(Beginning of Data under study)

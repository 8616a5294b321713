-- ===== src/Pages/Roles.antt =====
-- frontend/src/pages/RolesPage.tsx: the matrix of roles and permissions, and its table.
pub mod Matrix
pub mod Screen
use nexus_cloud_identity_acc.Common.{String, Bool, true, false, List, [], ◌∷◌, map}

pub record Permissions : Type 0 where
  pub users_read : Bool
  pub users_create : Bool
  pub users_update : Bool
  pub users_delete : Bool
  pub apps_read : Bool
  pub apps_manage : Bool
  pub policies_read : Bool
  pub policies_manage : Bool
  pub audit_read : Bool
  pub security_manage : Bool

pub record RolePermissionMatrix : Type 0 where
  pub role : String
  pub description : String
  pub permissions : Permissions

abbrev pub super_admin_row : RolePermissionMatrix
super_admin_row = record {
  role = "SUPER_ADMIN";
  description = "Full root tenant authority across all governance and compute systems";
  permissions = record {
    users_read = true;
    users_create = true;
    users_update = true;
    users_delete = true;
    apps_read = true;
    apps_manage = true;
    policies_read = true;
    policies_manage = true;
    audit_read = true;
    security_manage = true;
  };
}

abbrev pub admin_row : RolePermissionMatrix
admin_row = record {
  role = "ADMIN";
  description = "Organization administrator managing team accounts and application definitions";
  permissions = record {
    users_read = true;
    users_create = true;
    users_update = true;
    users_delete = false;
    apps_read = true;
    apps_manage = true;
    policies_read = true;
    policies_manage = true;
    audit_read = true;
    security_manage = false;
  };
}

abbrev pub security_manager_row : RolePermissionMatrix
security_manager_row = record {
  role = "SECURITY_MANAGER";
  description = "Information security officer managing risk policies, audits, and MFA enforcement";
  permissions = record {
    users_read = true;
    users_create = false;
    users_update = false;
    users_delete = false;
    apps_read = true;
    apps_manage = false;
    policies_read = true;
    policies_manage = true;
    audit_read = true;
    security_manage = true;
  };
}

abbrev pub developer_row : RolePermissionMatrix
developer_row = record {
  role = "DEVELOPER";
  description = "Software engineer deploying and managing backend services and cloud consoles";
  permissions = record {
    users_read = true;
    users_create = false;
    users_update = false;
    users_delete = false;
    apps_read = true;
    apps_manage = true;
    policies_read = true;
    policies_manage = false;
    audit_read = false;
    security_manage = false;
  };
}

abbrev pub analyst_row : RolePermissionMatrix
analyst_row = record {
  role = "ANALYST";
  description = "Security & compliance auditor reviewing access logs and policy rules";
  permissions = record {
    users_read = true;
    users_create = false;
    users_update = false;
    users_delete = false;
    apps_read = true;
    apps_manage = false;
    policies_read = true;
    policies_manage = false;
    audit_read = true;
    security_manage = false;
  };
}

abbrev pub viewer_row : RolePermissionMatrix
viewer_row = record {
  role = "VIEWER";
  description = "Read-only viewer for authorized application catalog items";
  permissions = record {
    users_read = false;
    users_create = false;
    users_update = false;
    users_delete = false;
    apps_read = true;
    apps_manage = false;
    policies_read = false;
    policies_manage = false;
    audit_read = false;
    security_manage = false;
  };
}

abbrev pub matrix : List RolePermissionMatrix
matrix =
    super_admin_row ∷ admin_row ∷ security_manager_row ∷ developer_row ∷ analyst_row ∷ viewer_row
    ∷ []

-- the cells of a row, in the order of the header; `usersUpdate` has no column
abbrev pub cells : RolePermissionMatrix → List Bool
cells row =
    row.permissions.users_read ∷ row.permissions.users_create ∷ row.permissions.users_delete
    ∷ row.permissions.apps_read ∷ row.permissions.apps_manage ∷ row.permissions.policies_read
    ∷ row.permissions.policies_manage ∷ row.permissions.audit_read ∷ row.permissions.security_manage
    ∷ []

unfoldable pub roles_table : List (String × String × List Bool)
roles_table = map (λ row. (row.role, row.description, cells row)) matrix
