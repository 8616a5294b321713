-- ===== src/Pages/Roles/Matrix.antt =====
-- frontend/src/pages/RolesPage.tsx against backend/internal/rbac/permissions.go.
use mathlib.Core.Option
use nexus_cloud_identity_acc.Common.{
  String, Option, none, some, ◌≡◌, refl, ◌==◌, find, if◌then◌else◌,
}
use nexus_cloud_identity_acc.Types.{
  Role, super_admin, admin, security_manager, developer, analyst, viewer, user, role_name,
}
use nexus_cloud_identity_acc.Backend.Rbac.{has_permission}
use nexus_cloud_identity_acc.Backend.Rbac
use nexus_cloud_identity_acc.Pages.Roles.{Permissions, matrix}

-- the name of a role as the page writes it
abbrev pub upper_name : Role → String
upper_name super_admin = "SUPER_ADMIN"
upper_name admin = "ADMIN"
upper_name security_manager = "SECURITY_MANAGER"
upper_name developer = "DEVELOPER"
upper_name analyst = "ANALYST"
upper_name viewer = "VIEWER"
upper_name user = "USER"

-- the page's cells, filled from the server's table
abbrev pub granted : Role → Permissions
granted r = record {
  users_read = has_permission r Rbac.users_read;
  users_create = has_permission r Rbac.users_create;
  users_update = has_permission r Rbac.users_update;
  users_delete = has_permission r Rbac.users_delete;
  apps_read = has_permission r Rbac.applications_read;
  apps_manage = has_permission r Rbac.applications_manage;
  policies_read = has_permission r Rbac.policies_read;
  policies_manage = has_permission r Rbac.policies_manage;
  audit_read = has_permission r Rbac.audit_read;
  security_manage = has_permission r Rbac.security_manage;
}

abbrev pub row_for : Role → Option Permissions
row_for r = Option.map (λ row. row.permissions) (find (λ row. row.role == upper_name r) matrix)

-- Every role but user has a row in the page's matrix, and its cells are what the server's permission
-- table grants the role; user has no row.
pub row_for-granted :
    (r : Role) → row_for r ≡ (if role_name r == "user" then none else some (granted r))
unfolding has_permission
row_for-granted super_admin = refl
row_for-granted _ = refl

(End of Data under study)

Each line in the data where the string "antt" occurs should be identified and copied.

Problem solution:
-- ===== src/Pages/Roles.antt =====
-- ===== src/Pages/Roles/Matrix.antt =====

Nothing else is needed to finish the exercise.